Reply to the comment left by Jeff L at 02/12/2023 - 13:12
Your original reply to my comment was 'You can insert whatever you want in an AST but it neither means it is enforceable in law nor that it overrides a persons statutory protections.' That reply is not incorrect but I thought it implied that the wording I quoted from my standard ASTs might not be enforceable and I therefore replied that it IS enforceable.

You have now replied again to say that I am 'trying to use an AST term/condition as an absolute authority, but it isn't'.

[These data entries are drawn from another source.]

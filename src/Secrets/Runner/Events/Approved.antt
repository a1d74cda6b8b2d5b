-- ===== src/Secrets/Runner/Events/Approved.antt =====
-- No operation runs that needs the user's approval and does not have it.
use codex_hosts.Prelude.{
  ℕ, ◌≡◌, Bool, true, false, not, Option, none, some, List, [], ◌∷◌, ◌++◌, if◌then◌else◌, Text,
  take, update_first, arith, All, All-split, String, All-update_first, All-weaken, if-case,
}
use codex_hosts.Model.{contains_id, Uuid}
use codex_hosts.Secrets.Runner.{
  cancelled, SecretsApp, has_id, with_status, expire_pending, record_input_status,
  apply_approval_default, Request, handle, reports, handle_all, reported_by, poll, awaits, approve,
  decide_approval,
}
use codex_hosts.Secrets.Runner.Started.{
  In, Covered, IsCovered, cancel_pending-IsCovered, expire_pending-IsCovered,
  start_operation-IsCovered, start_queued-IsCovered,
}
use codex_hosts.Secrets.Runner.Events.{
  Event, polls, decides, edits, switches, happen, free_of, free_of_all, allowed_by, run, allowed,
}
use codex_hosts.Secrets.Runner.Events.Requests.{handle-IsCovered}

module _ (is_absolute : Text → Bool) (ids : List Uuid) where
  handle_all-IsCovered :
      (now : ℕ) (requests : List Request) (app : SecretsApp)
      → All (In ids) (free_of_all is_absolute now requests app)
      → IsCovered ids app
      → IsCovered ids (handle_all is_absolute now requests app)
  unfolding handle_all free_of_all
  handle_all-IsCovered now [] app a h = h
  handle_all-IsCovered now (r ∷ requests) app a h =
      let (b, c) = All-split (In ids) (free_of is_absolute r app) _ a in
      handle_all-IsCovered now requests (handle is_absolute now r app).1 c
        (handle-IsCovered is_absolute ids now r app b h)

  reports-IsCovered :
      (running : Option Uuid) (s : String) (x : Option ℕ) (app : SecretsApp)
      → IsCovered ids app
      → IsCovered ids (reports running s x app)
  reports-IsCovered none s x app h = h
  reports-IsCovered (some id) s x app h = record {
    operations =
        All-update_first (Covered ids) (has_id id) _ app.operations (λ o _ e. cc) h.operations;
    started = λ j e. cc;
  }

  reported_by-IsCovered :
      (sent : Option (String × Option ℕ)) (app : SecretsApp)
      → IsCovered ids app
      → IsCovered ids (reported_by sent app)
  reported_by-IsCovered none app h = h
  reported_by-IsCovered (some (s, x)) app h = reports-IsCovered app.running s x app h

  approve-IsCovered :
      (now : ℕ) (id : Uuid) (app : SecretsApp)
      → In ids id
      → IsCovered ids app
      → IsCovered ids (approve is_absolute now id app)
  unfolding approve
  approve-IsCovered now id app i h =
      let k = expire_pending-IsCovered is_absolute ids now app h in
      if-case (IsCovered ids) (awaits id (expire_pending now app))
        (λ _. start_operation-IsCovered is_absolute ids id (expire_pending now app) i k) (λ _. k)

  rejected-IsCovered :
      (id : Uuid) (app : SecretsApp)
      → IsCovered ids app
      → IsCovered ids (record app {
        operations = update_first (has_id id) (with_status cancelled) app.operations;
      })
  rejected-IsCovered id app h = record {
    operations =
        All-update_first (Covered ids) (has_id id) _ app.operations (λ o _ e. cc) h.operations;
    started = h.started;
  }

  decide_approval-IsCovered :
      (now : ℕ) (id : Uuid) (agrees : Bool) (app : SecretsApp)
      → All (In ids) (if agrees then id ∷ [] else [])
      → IsCovered ids app
      → IsCovered ids (decide_approval is_absolute now id agrees app)
  unfolding decide_approval
  decide_approval-IsCovered now id true app (i, a) h =
      let k = expire_pending-IsCovered is_absolute ids now app h in
      if-case (IsCovered ids) (not (awaits id (expire_pending now app))) (λ _. k)
        (λ _. approve-IsCovered now id (expire_pending now app) i k)
  decide_approval-IsCovered now id false app a h =
      let k = expire_pending-IsCovered is_absolute ids now app h in
      if-case (IsCovered ids) (not (awaits id (expire_pending now app))) (λ _. k)
        (λ _. rejected-IsCovered id (expire_pending now app) k)

  pub happen-IsCovered :
      (e : Event) (app : SecretsApp)
      → All (In ids) (allowed_by is_absolute e app)
      → IsCovered ids app
      → IsCovered ids (happen is_absolute e app)
  unfolding happen allowed_by poll record_input_status apply_approval_default
  happen-IsCovered (polls now sent requests) app a h = start_queued-IsCovered is_absolute ids _ (
      handle_all-IsCovered now (take 8 requests) _ a
        (expire_pending-IsCovered is_absolute ids now _ (reported_by-IsCovered sent app h)))
  happen-IsCovered (decides now id agrees) app a h = decide_approval-IsCovered now id agrees app a h
  happen-IsCovered (edits fields text) app a h =
      cancel_pending-IsCovered is_absolute ids _
        (record { operations = h.operations; started = h.started })
  happen-IsCovered (switches on) app a h =
      cancel_pending-IsCovered is_absolute ids _
        (record { operations = h.operations; started = h.started })

IsCovered-more :
    (new old : List Uuid) (app : SecretsApp) → IsCovered old app → IsCovered (new ++ old) app
IsCovered-more new old app h = record {
  operations =
      All-weaken (Covered old) (Covered (new ++ old)) app.operations
        (λ o k e. In-more new o.id (k e)) h.operations;
  started = λ id e. In-more new id (h.started id e);
}
  where
    In-more : (new : List Uuid) (i : Uuid) → In old i → In (new ++ old) i
    In-more [] i k = k
    In-more (j ∷ new) i k = ground (arith, In-more new i k)

All-In : (ids more : List Uuid) → All (In (ids ++ more)) ids
All-In [] more = tt
All-In (i ∷ ids) more =
    let rest = All-In ids more in
    (
      ground arith,
      All-weaken (In (ids ++ more)) (In (i ∷ ids ++ more)) ids (λ j k. ground arith) rest,
    )

module _ (is_absolute : Text → Bool) (on : Bool) where
  run-IsCovered :
      (history : List Event)
      → IsCovered (allowed is_absolute on history) (run is_absolute on history)
  unfolding run allowed
  run-IsCovered [] = record { operations = tt; started = λ id e. cc }
  run-IsCovered (e ∷ past) =
      let old = allowed is_absolute on past in
      let new = allowed_by is_absolute e (run is_absolute on past) in
      happen-IsCovered is_absolute (new ++ old) e (run is_absolute on past) (All-In new old)
        (IsCovered-more new old (run is_absolute on past) (run-IsCovered past))

  -- Whatever has happened, the program that runs is one that the user approved, or one that was asked
  -- for when all fields that it reads had their approval switched off.
  pub running-allowed :
      (history : List Event) (id : Uuid)
      → (run is_absolute on history).running ≡ some id
      → contains_id id (allowed is_absolute on history) ≡ true
  running-allowed history id e = (run-IsCovered history).started id e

I think that reply is misleading because if it were to be interpreted literally it might lead people to think that no term in an AST can be enforceable ("an absolute authority") and that the only thing that matters is what the law is. This is not correct. Any term in an AST can be enforceable provided (1) it complies with any relevant law (statute or common) and (2) it does not attempt to negate any provisions which the law imposes (for example the repairing obligations imposed by s.11 of the Landlord and Tenant Act 1985).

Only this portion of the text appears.